# Rieccomi



## Hell Krusty (29 Agosto 2012)

Un saluto ai regan! Non scriverò molto, perchè non ho molto tempo... Però vabbè... Eccomi qui...


----------



## Super_Lollo (29 Agosto 2012)

Hola


----------



## Gekyn (29 Agosto 2012)

Mi fa piacere la tua iscrizione!


----------



## Kurt91 (29 Agosto 2012)

Bentornato


----------



## herbertkilpin (29 Agosto 2012)

Helllll ;-)


----------



## runner (29 Agosto 2012)

Mitico un salutone!!


----------



## Hell Krusty (29 Agosto 2012)




----------



## Hell Krusty (30 Agosto 2012)

Ah ovviamente se non avete niente in contrario [MENTION=1]Admin[/MENTION] [MENTION=2]Livestrong[/MENTION] [MENTION=8]franko1986[/MENTION]


----------



## Cristof94 (30 Agosto 2012)

Benvenuto!


----------



## Livestrong (30 Agosto 2012)

Hell Krusty ha scritto:


> Ah ovviamente se non avete niente in contrario [MENTION=1]Admin[/MENTION] [MENTION=2]Livestrong[/MENTION] [MENTION=8]franko1986[/MENTION]



Ti vedevo molto spesso anche su forumfree, per quanto poco puo valere la mia opinione non c'è nessun problema.

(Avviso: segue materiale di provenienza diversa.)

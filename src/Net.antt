-- ===== src/Net.antt =====
-- kernel/net/net.c and include/net.h: byte order and the Internet checksum.
pub mod Order
mod Checksum
pub mod Packets
mod Udp
mod Tests
use peker_os.Common.{
  ℕ, zero, suc, ◌+◌, ◌-◌, ◌*◌, ◌/◌, ◌%◌, ◌^◌, Bool, true, false, if◌then◌else◌, ◌==◌, List, [], ◌∷◌,
}

-- `htons` and `ntohs`: in the source an `or` of two shifts that have no bit in common.
pub htons : ℕ → ℕ
htons v = v / 256 + v % 256 * 256

-- `htonl` and `ntohl`, in the order of the source's four terms.
pub htonl : ℕ → ℕ
htonl v = v % 256 * 16777216 + v / 256 % 256 * 65536 + v / 65536 % 256 * 256 + v / 16777216 % 256

-- The number that the processor loads from two bytes of memory, and from four.
abbrev pub load16 : (ℕ → ℕ) → ℕ → ℕ
load16 m i = m i + 256 * m (i + 1)

abbrev pub load32 : (ℕ → ℕ) → ℕ → ℕ
load32 m i = m i + 256 * m (i + 1) + 65536 * m (i + 2) + 16777216 * m (i + 3)

-- The bytes in memory of a number that the processor stores.
abbrev pub store16 : ℕ → List ℕ
store16 v = v % 256 ∷ v / 256 % 256 ∷ []

abbrev pub store32 : ℕ → List ℕ
store32 v = v % 256 ∷ v / 256 % 256 ∷ v / 65536 % 256 ∷ v / 16777216 % 256 ∷ []

-- The words of memory added to a sum of 32 bits; a byte left over is added as it is.
pub sum_words : ℕ → List ℕ → ℕ
sum_words sum [] = sum
sum_words sum (a ∷ []) = (sum + a) % 2 ^ 32
sum_words sum (a ∷ b ∷ rest) = sum_words ((sum + (a + 256 * b)) % 2 ^ 32) rest

-- The loop that folds the carries, on fuel.
pub fold_carries : ℕ → ℕ → ℕ
fold_carries zero sum = sum
fold_carries (suc k) sum =
    let folded = fold_carries k (sum % 65536 + sum / 65536) in
    if sum / 65536 == 0 then sum else folded

-- The complement of the folded sum, in 16 bits.
pub finish_checksum : ℕ → ℕ
finish_checksum sum = 65535 - fold_carries 3 sum % 65536

pub calculate_checksum : List ℕ → ℕ
calculate_checksum bytes = finish_checksum (sum_words 0 bytes)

I problemi ci sono con quelli che vengono a provocare


----------



## admin (30 Agosto 2012)

No problem, ci mancherebbe.


----------



## franko1986 (1 Settembre 2012)

Hell Krusty ha scritto:


> Ah ovviamente se non avete niente in contrario [MENTION=1]Admin[/MENTION] [MENTION=2]Livestrong[/MENTION] [MENTION=8]franko1986[/MENTION]


Sulla nuova casa sono tutti i benvenuti.

Peraltro, se non ricordo male, non eri né bannato né altro neanche su Forumfree, quindi: no problem


----------